Хилари мужества никогда было не занимать, и она подумала, что план стоит привести в исполнение; однако задача не обещала быть приятной. Ее переполняла решимость покончить с этим делом как можно быстрее, а поэтому она не стала брать с собой плащ — просто откинула засов с парадной двери и ринулась в самое сердце воющей бури, неистовствовавшей уже более двух часов. Слепо пробираясь в потоках ливня, едва держась на ногах под порывами ветра, она пересекла двор и направилась к приземистому силуэту семейной часовни, стоявшей на небольшой полянке у густо заросшего выезда из поместья. Деревья вокруг стонали, скрипели и шелестели, стоило дикому ветру налететь непредсказуемым порывом или так же внезапно стихнуть. К ее немалому удивлению, дверь в часовню была приотворена; внутри мигал огонек. На алтаре горели две свечи. Зажгли их, судя по всему, недавно, хотя само помещение, похоже, было совершенно пустым. Неистово содрогаясь — наполовину от холода, наполовину от дурных предчувствий, — Хилари поспешила по центральному проходу и распахнула дверку в дубовой раме: та открывалась на крутой лестничный пролет. Ступени вели в семейный склеп, где поколение за поколением погребали Уиншоу, а одна прихотливо изрезанная плита была посвящена памяти Годфри — героя войны, чье тело так и не удалось добыть с вражеской земли.
Хилари спустилась вниз в кромешной тьме, но, дойдя до входа в склеп, заметила, что из-под двери пробивается тонкая полоска света. В ужасе и сомнении она приотворила ее и увидела…
…и увидела пустой гроб, стоящий на постаменте в середине погребальной камеры; крышка его лежала рядом, а подле в развязной позе стоял ее отец, Мортимер Уиншоу, и приветливо улыбался.
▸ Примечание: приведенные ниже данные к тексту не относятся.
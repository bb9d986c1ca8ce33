-- ===== src/LogReader/Suffix.antt =====
-- Reading windows from the end of a file against the lines of the whole file (log_reader.cpp).
use Prim.Native.Nat.{min}
use aegis_desk.Prelude.{
  ℕ, zero, suc, ◌+◌, ◌*◌, ◌-◌, ◌≤◌, ◌<◌, ◌≡◌, refl, sym, ap, ◌∙◌, some, List, [], ◌∷◌, ◌++◌, ◌==◌,
  length, take, drop, length-append, length-drop, inl, inr, Bool-cases, Option-cases, arith,
}
use aegis_desk.Prelude.Text.{Str}
use aegis_desk.LogReader.{
  readable, get_lines, pop_carriage_return, keep_line, keep_from, keep_last_lines, after_newline,
  read_window, read_content, read_last_lines, initial_read_window_bytes,
}

abbrev pub last {ℓ} : {A : Type ℓ} → ℕ → List A → List A
last n xs = drop (length xs - n) xs

abbrev pub without_returns : List Str → List Str
without_returns [] = []
without_returns (line ∷ lines) = pop_carriage_return line ∷ without_returns lines

-- The lines of a whole text.
abbrev pub all_lines : Str → List Str
all_lines content = without_returns (get_lines [] content)

module _ {ℓ} {A : Type ℓ} where
  append-nil : (xs : List A) → xs ++ [] ≡ xs
  append-nil [] = refl
  append-nil (x ∷ xs) = ap (λ l. x ∷ l) (append-nil xs)

  append-snoc : (xs : List A) (y : A) (zs : List A) → (xs ++ (y ∷ [])) ++ zs ≡ xs ++ (y ∷ zs)
  append-snoc [] y zs = refl
  append-snoc (x ∷ xs) y zs = ap (λ l. x ∷ l) (append-snoc xs y zs)

  take-drop : (n : ℕ) (xs : List A) → take n xs ++ drop n xs ≡ xs
  take-drop zero xs = refl
  take-drop (suc n) [] = refl
  take-drop (suc n) (x ∷ xs) = ap (λ l. x ∷ l) (take-drop n xs)

  drop-all : (xs : List A) → drop (length xs) xs ≡ []
  drop-all [] = refl
  drop-all (x ∷ xs) = drop-all xs

  append-assoc_lem : (xs ys zs : List A) → (xs ++ ys) ++ zs ≡ xs ++ (ys ++ zs)
  append-assoc_lem [] ys zs = refl
  append-assoc_lem (x ∷ xs) ys zs = ap (λ l. x ∷ l) (append-assoc_lem xs ys zs)

  drop-length : (xs : List A) → last 0 xs ≡ []
  drop-length xs = let e : length xs - 0 ≡ length xs = omega arith in rw e (drop-all xs)

  last-all : (n : ℕ) (xs : List A) → length xs ≤ n → last n xs ≡ xs
  last-all n xs h = let e : length xs - n ≡ 0 = omega arith in rw e

  last-cons : (n : ℕ) (x : A) (xs : List A) → n ≤ length xs → last n (x ∷ xs) ≡ last n xs
  last-cons n x xs h = let e : suc (length xs) - n ≡ suc (length xs - n) = omega arith in rw e

  last-append : (n : ℕ) (xs ys : List A) → n ≤ length ys → last n (xs ++ ys) ≡ last n ys
  last-append n [] ys h = refl
  last-append n (x ∷ xs) ys h =
      last-cons n x (xs ++ ys) (omega (arith, length-append xs ys)) ∙ last-append n xs ys h

without_returns-append :
    (xs ys : List Str) → without_returns (xs ++ ys) ≡ without_returns xs ++ without_returns ys
without_returns-append [] ys = refl
without_returns-append (x ∷ xs) ys =
    ap (λ l. pop_carriage_return x ∷ l) (without_returns-append xs ys)

-- One line more in the bounded deque.
keep_line-last :
    (n : ℕ) (q : List Str) (line : Str) (rest : List Str)
    → 1 ≤ n
    → length q ≤ n
    → (length (keep_line n q line) ≤ n)
      × (last n (keep_line n q line ++ rest) ≡ last n (q ++ (pop_carriage_return line ∷ rest)))
unfolding keep_line
keep_line-last n [] line rest h b = (ground arith, ground arith)
keep_line-last n (x ∷ q) line rest h b = elim (Bool-cases (length (x ∷ q) == n)) [
  | inl full ↦ rw full (
    omega (arith, length-append q (pop_carriage_return line ∷ []), b),
    ap (last n) (append-snoc q (pop_carriage_return line) rest)
        ∙ sym (
            last-cons n x (q ++ (pop_carriage_return line ∷ rest))
              (ground (arith, length-append q (pop_carriage_return line ∷ rest)))),
  )
  | inr room ↦ rw room (
    ground (arith, length-append q (pop_carriage_return line ∷ [])),
    ap (last n) (append-snoc (x ∷ q) (pop_carriage_return line) rest),
  )
]

keep_from-last :
    (n : ℕ) (q lines : List Str)
    → 1 ≤ n
    → length q ≤ n
    → keep_from n q lines ≡ last n (q ++ without_returns lines)
unfolding keep_from
keep_from-last n q [] h b = sym (ap (last n) (append-nil q) ∙ last-all n q b)
keep_from-last n q (line ∷ lines) h b =
    let (fits, same) = keep_line-last n q line (without_returns lines) h b in
    keep_from-last n (keep_line n q line) lines h fits ∙ same

keep_last_lines-last :
    (content : Str) (n : ℕ) → 1 ≤ n → keep_last_lines content n ≡ last n (all_lines content)
unfolding keep_last_lines
keep_last_lines-last content n h = keep_from-last n [] (get_lines [] content) h (omega arith)

-- Lines behind a newline do not depend on what is in front of it.
get_lines-append :
    (line a b : Str)
    → get_lines line (a ++ (b'\n' ∷ b)) ≡ get_lines line (a ++ (b'\n' ∷ [])) ++ get_lines [] b
unfolding get_lines
get_lines-append line [] b = refl
get_lines-append line (c ∷ a) b = elim (Bool-cases (c == b'\n')) [
  | inl newline ↦ rw newline (ap (λ l. line ∷ l) (get_lines-append [] a b))
  | inr other ↦ rw other (get_lines-append (line ++ (c ∷ [])) a b)
]

after_newline-split :
    (s rest : Str) → after_newline s ≡ some rest → (a : Str) × (s ≡ a ++ (b'\n' ∷ rest))
unfolding after_newline
after_newline-split [] rest h = cc
after_newline-split (c ∷ s) rest h = elim (Bool-cases (c == b'\n')) [
  | inl newline ↦ ([], ground arith)
  | inr other ↦ let (a, e) = after_newline-split s rest (ground arith) in (c ∷ a, ap (λ l. c ∷ l) e)
]

-- A window that holds enough whole lines gives the last lines of the whole text.
window-last :
    (content : Str) (start n : ℕ) (rest : Str)
    → 1 ≤ n
    → after_newline (drop start content) ≡ some rest
    → n ≤ length (keep_last_lines rest n)
    → keep_last_lines rest n ≡ last n (all_lines content)
window-last content start n rest h found enough =
    let (a, split) = after_newline-split (drop start content) rest found in
    let kept = keep_last_lines-last rest n h in
    let front = get_lines [] ((take start content ++ a) ++ (b'\n' ∷ [])) in
    let whole : all_lines content ≡ without_returns front ++ all_lines rest =
      ap all_lines (
        sym (take-drop start content)
        ∙ ap (λ s. take start content ++ s) split
        ∙ sym (append-assoc_lem (take start content) a (b'\n' ∷ rest)))
      ∙ ap without_returns (get_lines-append [] (take start content ++ a) rest)
      ∙ without_returns-append front (get_lines [] rest) in
    let long : n ≤ length (all_lines rest) =
      omega
        (arith, rw kept at enough, length-drop (length (all_lines rest) - n) (all_lines rest)) in
    kept
    ∙ sym (last-append n (without_returns front) (all_lines rest) long)
    ∙ sym (ap (last n) whole)

-- A window that starts inside the text can grow, until it is the whole text.
read_window-last :
    (fuel : ℕ) (content : Str) (n window : ℕ)
    → 1 ≤ n
    → 1 ≤ window
    → window ≤ length content
    → length content < window + fuel
    → read_window fuel content n window ≡ some (last n (all_lines content))
unfolding read_window
read_window-last zero content n window h w b f = ground arith
read_window-last (suc fuel) content n window h w b f =
    elim (Bool-cases (length content - window == 0)) [
      | inl whole ↦
          let none_cut : length content - window ≡ 0 = ground arith in
          rw (whole, none_cut) (ap some (keep_last_lines-last content n h))
      | inr cut ↦
          let inside : window < length content = ground arith in
          let wider =
            read_window-last fuel content n (min (length content) (window * 2)) h (omega arith)
              (omega arith) (omega arith) in
          elim (Option-cases (after_newline (drop (length content - window) content))) [
            | inl missing ↦ ground arith
            | inr (rest, found) ↦
                ground (arith, window-last content (length content - window) n rest h found)
          ]
    ]

-- Reading the last n lines of a readable file ends without an error, and gives the last n of the
-- lines of its whole content, however the content is cut into windows.
pub read_last_lines-last :
    (content : Str) (n : ℕ)
    → read_last_lines (readable content) n ≡ (some (last n (all_lines content)), [])
unfolding read_last_lines read_content get_lines
read_last_lines-last content zero = ap (λ l. (some l, [])) (sym (drop-length (all_lines content)))
read_last_lines-last [] (suc n) = ground arith
read_last_lines-last (c ∷ s) (suc n) = ground (
  arith,
  read_window-last (suc (length (c ∷ s))) (c ∷ s) (suc n)
      (min (length (c ∷ s)) initial_read_window_bytes) (omega arith) (omega arith) (omega arith)
      (omega arith),
)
— Заходи, дорогая дочурка, — произнес он. — Заходи, и все сейчас объяснится.
Едва Хилари сделала шаг внутрь, распахнув дверь во всю ширину, как внезапно услышала над головой жужжание. Вздернув голову с резким вскриком, она успела заметить, что на нее падает объемистый тюк: состоял он — хотя самой Хилари узнать сие так и не довелось — из газет, куда она поставляла свою колонку последние шесть лет. Но, не успев понять, что ее постигло, Хилари оказалась мертва: сокрушенная весомостью собственного мнения, что сшибло ее наземь, лишив чувств точно также, как, лишая сознания, наземь сшибал ее покорных читателей ревущий поток оплаченных с избытком слов.